(Entries supplied)

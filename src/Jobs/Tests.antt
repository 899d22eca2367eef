-- ===== src/Jobs/Tests.antt =====
-- Jobs on concrete trees: tests, and the theorems at inputs that meet their hypotheses.
use project_dionysus.Base.{
  ℕ, ◌+◌, ◌≡◌, refl, true, false, Option, none, some, List, [], ◌∷◌, Run, ok, fault, ◌==◌,
  if◌then◌else◌, value,
}
use project_dionysus.Jobs.{Job, Tree, job_ready, job_dead, running, kill, create, new_job}
use project_dionysus.Jobs.Kill.{IsLeaf, kill_child_job}
use project_dionysus.Jobs.Leaf.{Loses, kill_leaf_dies}
use project_dionysus.Jobs.Height.{root, child, IsCreated-height}

abbrev job : Option ℕ → List ℕ → List ℕ → Job
job parent jobs processes = record {
  policy = 0;
  parent = parent;
  ret_code = 0;
  job_status = job_ready;
  child_jobs = jobs;
  child_processes = processes;
  max_height = 16;
  locked = false;
}

-- Job 1 is the root, with the job 2 and, without child jobs, the job 3, which has a process.
abbrev three : Tree ℕ
three = record {
  jobs = λ j.
      if j == 1
      then job none (2 ∷ []) []
      else (if j == 2
          then job (some 1) [] []
          else (if j == 3 then job (some 1) [] (5 ∷ []) else job none [] []));
  processes = λ p. record {
    job = 3;
    status = running;
    exit_code = 0;
    threads = [];
    critical_to = none;
    kill_critical_when_nonzero_code = false;
    held = false;
  };
  all_threads = 0;
}

abbrev kill_thread : ℕ → ℕ → Run ℕ
kill_thread x s = ok (s + 1)

leaf : IsLeaf (three.jobs 2) (some 1)
leaf = record { status = refl; free = refl; jobs = refl; processes = refl; above = refl }

create_test : create true (some 1) three ≡ ok (value (new_job (some (three.jobs 1)) (some 1) 0))
unfolding create
create_test = refl

kill_leaf_dies_example :
    (t' : Tree ℕ) × (kill 7 kill_thread 2 9 2 three ≡ ok (true, t'))
    × ((t'.jobs 2).job_status ≡ job_dead)
    × ((t'.jobs 2).ret_code ≡ 9)
    × ((t'.jobs 2).locked ≡ false)
    × Loses 2 1 three t'
kill_leaf_dies_example = kill_leaf_dies 7 kill_thread 9 2 1 0 three leaf refl refl refl

kill_child_job_example : kill 7 kill_thread 3 9 1 three ≡ fault
kill_child_job_example = kill_child_job 7 kill_thread 9 1 2 0 [] three refl refl refl leaf refl

abbrev first_root : Tree ℕ
first_root = record three { jobs = λ _. new_job none none 0 }

IsCreated-height_example : 15 + 1 ≡ 16
unfolding create new_job
IsCreated-height_example =
    IsCreated-height 1 (record (new_job (some (three.jobs 1)) (some 1) 0) { child_jobs = 9 ∷ [] })
      (child true 1 first_root _ (root 0 _ refl) refl refl)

(End Entries supplied)

Problem: Reproduce every entry shown above, precisely as it stands.

Solved problem:
filename src/Jobs/Tests.antt
repository 899d22eca2367eef
-- ===== src/Jobs/Tests.antt =====
-- Jobs on concrete trees: tests, and the theorems at inputs that meet their hypotheses.
use project_dionysus.Base.{
  ℕ, ◌+◌, ◌≡◌, refl, true, false, Option, none, some, List, [], ◌∷◌, Run, ok, fault, ◌==◌,
  if◌then◌else◌, value,
}
use project_dionysus.Jobs.{Job, Tree, job_ready, job_dead, running, kill, create, new_job}
use project_dionysus.Jobs.Kill.{IsLeaf, kill_child_job}
use project_dionysus.Jobs.Leaf.{Loses, kill_leaf_dies}
use project_dionysus.Jobs.Height.{root, child, IsCreated-height}

abbrev job : Option ℕ → List ℕ → List ℕ → Job
job parent jobs processes = record {
  policy = 0;
  parent = parent;
  ret_code = 0;
  job_status = job_ready;
  child_jobs = jobs;
  child_processes = processes;
  max_height = 16;
  locked = false;
}

-- Job 1 is the root, with the job 2 and, without child jobs, the job 3, which has a process.
abbrev three : Tree ℕ
three = record {
  jobs = λ j.
      if j == 1
      then job none (2 ∷ []) []
      else (if j == 2
          then job (some 1) [] []
          else (if j == 3 then job (some 1) [] (5 ∷ []) else job none [] []));
  processes = λ p. record {
    job = 3;
    status = running;
    exit_code = 0;
    threads = [];
    critical_to = none;
    kill_critical_when_nonzero_code = false;
    held = false;
  };
  all_threads = 0;
}

abbrev kill_thread : ℕ → ℕ → Run ℕ
kill_thread x s = ok (s + 1)

leaf : IsLeaf (three.jobs 2) (some 1)
leaf = record { status = refl; free = refl; jobs = refl; processes = refl; above = refl }

create_test : create true (some 1) three ≡ ok (value (new_job (some (three.jobs 1)) (some 1) 0))
unfolding create
create_test = refl

kill_leaf_dies_example :
    (t' : Tree ℕ) × (kill 7 kill_thread 2 9 2 three ≡ ok (true, t'))
    × ((t'.jobs 2).job_status ≡ job_dead)
    × ((t'.jobs 2).ret_code ≡ 9)
    × ((t'.jobs 2).locked ≡ false)
    × Loses 2 1 three t'
kill_leaf_dies_example = kill_leaf_dies 7 kill_thread 9 2 1 0 three leaf refl refl refl

kill_child_job_example : kill 7 kill_thread 3 9 1 three ≡ fault
kill_child_job_example = kill_child_job 7 kill_thread 9 1 2 0 [] three refl refl refl leaf refl

abbrev first_root : Tree ℕ
first_root = record three { jobs = λ _. new_job none none 0 }

IsCreated-height_example : 15 + 1 ≡ 16
unfolding create new_job
IsCreated-height_example =
    IsCreated-height 1 (record (new_job (some (three.jobs 1)) (some 1) 0) { child_jobs = 9 ∷ [] })
      (child true 1 first_root _ (root 0 _ refl) refl refl)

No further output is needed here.